Thursday, August 14, 2008

How's Business?

Our nation's economic growth has been reduced to the Three I's: Interest, Invasion, and Incarceration; and we don't do any of them very well.

We've destroyed the lucrative mortgage industry by deregulating the financial industry and allowing financial institutions to sell mortgages and loans that no person could ever hope to repay. This used to be called loan-sharking, now it's called a free market.

We have gutted our military's capabilities to such a degree that we no longer have cooks, armed guards, or mechanics that our own generals deem capable of running a war, so we contract those jobs to private corporations who charge us a fortune and deliver shoddy product.

And then we have incarceration, imprisonment. We in the home of the brave and the land of the free imprison more of our citizens than any other civilized nation in the world.

Add to our penchant for profiteering from incarceration our inability to control immigration and we have created a boom market for those interested in owning a prison.

Most of our prisons are over-crowded with people of color who have been convicted of drug charges (often relatively low-level drug charges). The new target demographic, however, is the immigrant of color who may or may not be here illegally. If you are an immigrant with brown skin, it may not matter that you are a naturalized citizen. There are myriad reports of legal immigrants being rounded-up, imprisoned and sometimes shipped off-shore (allegedly deported), irrespective of their residential status.

The only media covering this story with any verve and elan is The Nation, but now and then the mainstream media manage to take their heads out of their asses and carry a story about failures and abuses in the incarceration industry.

The New York Times recently published a story about Hiu Lui "Jason" Ng, a man who came here from China, sought political asylum as many from China do, was in the process of trying to get permanent status as he married an American citizen, and got entangled in the inefficiencies and drive for profits that define our current incarceration and immigration systems.

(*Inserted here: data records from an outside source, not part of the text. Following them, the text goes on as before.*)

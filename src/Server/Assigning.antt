-- ===== src/Server/Assigning.antt =====
-- What a node that asks for work is given.
use fleet_lm.Base.{
  ℕ, ◌≤◌, String, Option, some, ◌≡◌, refl, List, [], ◌∷◌, map, ◌==◌, Bool-cases, inl, inr, arith,
  length, All, Distinct, lookup,
}
use fleet_lm.Config.{Settings}
use fleet_lm.Verification.{Primitives}
use fleet_lm.Batch.Data.{WorkUnit, payload}
use fleet_lm.Batch.Submit.{ids}
use fleet_lm.Batch.Lease.{lease}
use fleet_lm.Batch.Valid.Defs.{Valid}
use fleet_lm.Batch.Leasing.Handed.{IsHanded, lease-IsHanded}
use fleet_lm.Server.App.{App}
use fleet_lm.Server.Messages.{work_request, work_assignment}
use fleet_lm.Server.Handle.{
  Handled, max_lease_per_request, field_or, capacity_of, model_of, assign, handle,
}

-- The units behind an answer to a request for work: no more than the node has room for, nor than
-- 64, no two the same, each leased to the node, for its model, and in the store so.
pub record IsAssigned (settings : Settings) (now node_id : ℕ) (model : Option String) (room : ℕ)
    (h : Handled) : Type 0 where
  pub units : List WorkUnit
  pub sent : h.replies ≡ work_assignment (map payload units) ∷ []
  pub within : length units ≤ room
  pub capped : length units ≤ max_lease_per_request
  pub distinct : Distinct (ids units)
  pub handed : All (IsHanded settings now node_id model) units
  pub kept : All (λ u. lookup u.id h.app.batch_store.units ≡ some u) units

module _ (lib : Primitives) (settings : Settings) (now node_id : ℕ) where
  assign-IsAssigned :
      (room : ℕ) (app : App)
      → Valid app.batch_store
      → room ≤ max_lease_per_request
      → IsAssigned settings now node_id
          (model_of node_id app.registry)
          room
          (assign lib settings now node_id room app)
  unfolding assign
  assign-IsAssigned room app v small = elim (Bool-cases (room == 0)) [
    | inl e ↦ rw e (record {
      units = [];
      sent = refl;
      within = omega arith;
      capped = omega arith;
      distinct = tt;
      handed = tt;
      kept = tt;
    })
    | inr e ↦
        let model = model_of node_id app.registry in
        let (bound, distinct, handed, kept) =
          lease-IsHanded settings now node_id model room app.batch_store v in
        rw e (record {
          units = (lease settings now node_id model room app.batch_store).0;
          sent = refl;
          within = bound;
          capped = omega arith;
          distinct = distinct;
          handed = handed;
          kept = kept;
        })
  ]

  -- With a valid store, a node that asks for work is sent units that are leased to it from now, fit
  -- the model it is registered with, are in the store so and all differ; there are at most as many
  -- as it has room for, one if it does not say, and never more than 64.
  pub work_request-IsAssigned :
      (capacity : Option ℕ) (app : App)
      → Valid app.batch_store
      → IsAssigned settings now node_id
          (model_of node_id app.registry)
          (field_or 1 capacity)
          (handle lib settings now node_id (work_request capacity) app)
  unfolding handle capacity_of
  work_request-IsAssigned capacity app v =
      let a = assign-IsAssigned (capacity_of capacity) app v (omega arith) in
      record {
        units = a.units;
        sent = a.sent;
        within = omega (arith, a.within);
        capped = a.capped;
        distinct = a.distinct;
        handed = a.handed;
        kept = a.kept;
      }
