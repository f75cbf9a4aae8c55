-- ===== src/Server/Connection.antt =====
-- orchestrator/api/nodes.py: `node_websocket`, one frame at a time. The frame that the handler waits
-- for comes with the time at which it comes. `compare_digest` is hmac's.
use fleet_lm.Base.{
  ℕ, String, Bool, not, ◌&&◌, Option, none, some, List, [], ◌∷◌, if◌then◌else◌, non_empty, or_text,
  lookup, insert,
}
use fleet_lm.Config.{Settings}
use fleet_lm.Metrics.{node_joined, node_left}
use fleet_lm.Verification.{Primitives}
use fleet_lm.Batch.Requeue.{release_node}
use fleet_lm.Fleet.Registry.{ConnectedNode, registering, add}
use fleet_lm.Fleet.Registry
use fleet_lm.Session.Manager.{fail_sessions_for_node}
use fleet_lm.Server.App.{
  App, Connection, awaiting, joined, closed, on_metrics, on_store, on_registry, on_sessions,
}
use fleet_lm.Server.Messages.{
  NodeMessage, register, RegisterMessage, Frame, text, malformed, bytes, disconnect, Reply,
  serve_model, refused,
}
use fleet_lm.Server.Handle.{field_or, Handled, handle}

unfoldable pub set_connection : ℕ → Connection → App → App
set_connection ws c app = record app { connections = insert ws c app.connections }

-- The `finally` clause for a node that has registered.
unfoldable pub leave : ℕ → ℕ → App → App
leave now node_id app = on_metrics (node_left now node_id) (
    on_registry (Registry.remove node_id) (
      on_store (λ s. (release_node node_id s).1)
        (on_sessions (fail_sessions_for_node node_id) app)))

unfoldable pub new_node : ℕ → ℕ → ℕ → RegisterMessage → ConnectedNode
new_node now ws node_id msg = record {
  node_id = node_id;
  ws = ws;
  gpu_name = field_or "unknown" msg.gpu_name;
  gpu_vram_mb = field_or 0 msg.gpu_vram_mb;
  runtime = field_or "native" msg.runtime;
  model_id = msg.model_id;
  status = registering;
  last_heartbeat = now;
  cpu_usage = 0;
  gpu_usage = 0;
  active_sessions = 0;
}

module _ (compare_digest : String → String → Bool) (settings : Settings) where
  -- Whether the token of a registration is refused.
  unfoldable pub bad_token : RegisterMessage → Bool
  bad_token msg =
      non_empty settings.join_token
      && not (compare_digest (field_or "" msg.join_token) settings.join_token)

  unfoldable pub join : ℕ → ℕ → ℕ → RegisterMessage → App → App × List Reply
  join now ws node_id msg app = (
    set_connection ws (joined node_id) (
        on_metrics (node_joined now node_id (field_or "unknown" msg.gpu_name))
          (on_registry (add (new_node now ws node_id msg)) app)),
    serve_model (or_text msg.model_id settings.default_model) ∷ [],
  )

  -- What a first message that is not accepted leaves: the connection is closed, nothing else.
  unfoldable pub turn_away : ℕ → List Reply → App → App × List Reply
  turn_away ws replies app = (set_connection ws closed app, replies)

  -- `msg["node_id"]`, which raises when it is missing.
  unfoldable pub enter : ℕ → ℕ → RegisterMessage → Option ℕ → App → App × List Reply
  enter now ws msg none app = turn_away ws [] app
  enter now ws msg (some node_id) app = join now ws node_id msg app

  unfoldable pub first_message : ℕ → ℕ → NodeMessage → App → App × List Reply
  first_message now ws (register msg) app =
      if bad_token msg
      then turn_away ws (refused "invalid join token" ∷ []) app
      else enter now ws msg msg.node_id app
  first_message now ws _ app =
      turn_away ws (refused "First message must be type: register" ∷ []) app

  -- The first frame is read by `receive_text`, which raises on anything but a text.
  unfoldable pub first_frame : ℕ → ℕ → Frame → App → App × List Reply
  first_frame now ws (text msg) app = first_message now ws msg app
  first_frame now ws _ app = turn_away ws [] app

module _ (lib : Primitives) (settings : Settings) (now ws node_id : ℕ) where
  unfoldable pub end_connection : App → App
  end_connection app = set_connection ws closed (leave now node_id app)

  -- After a message: an exception leaves the loop.
  unfoldable pub after_message : Handled → App × List Reply
  after_message h = (if h.raised then end_connection h.app else h.app, h.replies)

  unfoldable pub next_frame : Frame → App → App × List Reply
  next_frame (text msg) app = after_message (handle lib settings now node_id msg app)
  next_frame malformed app = (end_connection app, [])
  next_frame bytes app = (app, [])
  next_frame disconnect app = (end_connection app, [])

module _ (compare_digest : String → String → Bool) (lib : Primitives) (settings : Settings) where
  unfoldable pub on_connection : ℕ → ℕ → Frame → Option Connection → App → App × List Reply
  on_connection now ws frame (some awaiting) app =
      first_frame compare_digest settings now ws frame app
  on_connection now ws frame (some (joined node_id)) app =
      next_frame lib settings now ws node_id frame app
  on_connection now ws frame _ app = (app, [])

  unfoldable pub receive : ℕ → ℕ → Frame → App → App × List Reply
  receive now ws frame app = on_connection now ws frame (lookup ws app.connections) app
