-- ===== src/Server/Events.antt =====
-- orchestrator/api/completions.py: `_stream_response`, the events of a streaming answer.
use mathlib.Core.Option
use fleet_lm.Base.{String, Option, none, some, ◌≡◌, refl, List, [], ◌∷◌, ◌++◌, map, or_text, concat}
use fleet_lm.Session.Data.{InferenceSession}
use fleet_lm.Session.Stream.{End, returned, too_long, no_output, node_error, Streamed}
use fleet_lm.Server.Completions.{Completion, completion_of, answer_of, joined_text}

pub data SseEvent : Type 0 where
  role : SseEvent
  content : (text : String) → SseEvent
  finish : (reason : String) → SseEvent
  failure : (why : End) → SseEvent
  done : SseEvent

-- What follows the texts; a stream that has not ended has no more events yet.
unfoldable pub last_events : Option End → InferenceSession → List SseEvent
last_events none s = []
last_events (some returned) s = finish (or_text s.finish_reason "stop") ∷ done ∷ []
last_events (some why) s = failure why ∷ done ∷ []

unfoldable pub stream_response : Streamed → List SseEvent
stream_response out = role ∷ (map content out.texts ++ last_events out.end out.session)

-- What a client keeps of a streaming answer: the texts joined, and the reason of the finish.
unfoldable pub read_events : List SseEvent → Option (String × String)
read_events [] = none
read_events (role ∷ es) = read_events es
read_events (content text ∷ es) =
    Option.map (λ (r : String × String). (concat text r.0, r.1)) (read_events es)
read_events (finish reason ∷ es) = some ("", reason)
read_events (failure why ∷ es) = none
read_events (done ∷ es) = none

read_contents :
    (texts : List String) (es : List SseEvent) (reason : String)
    → read_events es ≡ some ("", reason)
    → read_events (map content texts ++ es) ≡ some (joined_text texts, reason)
unfolding read_events joined_text
read_contents [] es reason h = h
read_contents (t ∷ ts) es reason h = rw (read_contents ts es reason h) refl

read_none :
    (texts : List String) (es : List SseEvent)
    → read_events es ≡ none
    → read_events (map content texts ++ es) ≡ none
unfolding read_events
read_none [] es h = h
read_none (t ∷ ts) es h = rw (read_none ts es h) refl

abbrev pub text_and_reason : Completion → String × String
text_and_reason c = (c.content, c.finish_reason)

read_response :
    (texts : List String) (e : Option End) (s : InferenceSession)
    → read_events (map content texts ++ last_events e s)
      ≡ Option.map text_and_reason
          (elim e [ some returned ↦ some (completion_of s texts) | _ ↦ none ])
unfolding last_events completion_of read_events
read_response texts none s = read_none texts [] refl
read_response texts (some returned) s =
    read_contents texts (last_events (some returned) s) (or_text s.finish_reason "stop") refl
read_response texts (some too_long) s = read_none texts _ refl
read_response texts (some no_output) s = read_none texts _ refl
read_response texts (some (node_error message)) s = read_none texts _ refl

-- A request gets the same answer whether it streams or not: a client that reads the events has the
-- text and the reason of the completion where there is one, and has no answer where the generation
-- fails or has not ended.
pub read_events-stream_response :
    (out : Streamed)
    → read_events (stream_response out) ≡ Option.map text_and_reason (answer_of out)
unfolding read_events stream_response answer_of
read_events-stream_response out = read_response out.texts out.end out.session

Born in China, he entered the United States legally on a tourist visa. Mr. Ng stayed on after it expired and applied for political asylum. He was granted a work permit while his application was pending, and though asylum was eventually denied, immigration authorities did not seek his deportation for many years.

Meanwhile, his sister said, Mr. Ng (pronounced Eng), who was known as Jason, graduated from high school in Long Island City, Queens, worked his way through community technical college, passed Microsoft training courses and won a contract to provide computer services to a company with offices in the Empire State Building.

In 2001, a notice ordering him to appear in immigration court was mistakenly sent to a nonexistent address, records show. When Mr. Ng did not show up at the hearing, the judge ordered him deported. By then, however, he was getting married, and on a separate track, his wife petitioned Citizenship and Immigration Services for a green card for him — a process that took more than five years. Heeding bad legal advice, the couple showed up for his green card interview on July 19, 2007, only to find enforcement agents waiting to arrest Mr. Ng on the old deportation order.

Over the next year, while his family struggled to pay for new lawyers to wage a complicated and expensive legal battle, Mr. Ng was held in jails under contract to the federal immigration authorities: Wyatt; the House of Correction in Greenfield, Mass.; and the Franklin County Jail in St. Albans, Vt.

Read more Ill and in Pain, Detainee Dies in U.S. Hands

It is easy to say that Ng was here illegally and should be deported, and I might agree with you. Where we fail as a nation, however, is that we have turned our governmental agencies away from providing services that build and protect our society and toward privatized industries focused not on making our nation great, but on generating profits for often unknown and usually invisible shareholders.

Is this any way to run a country? Is it even any way to run a business?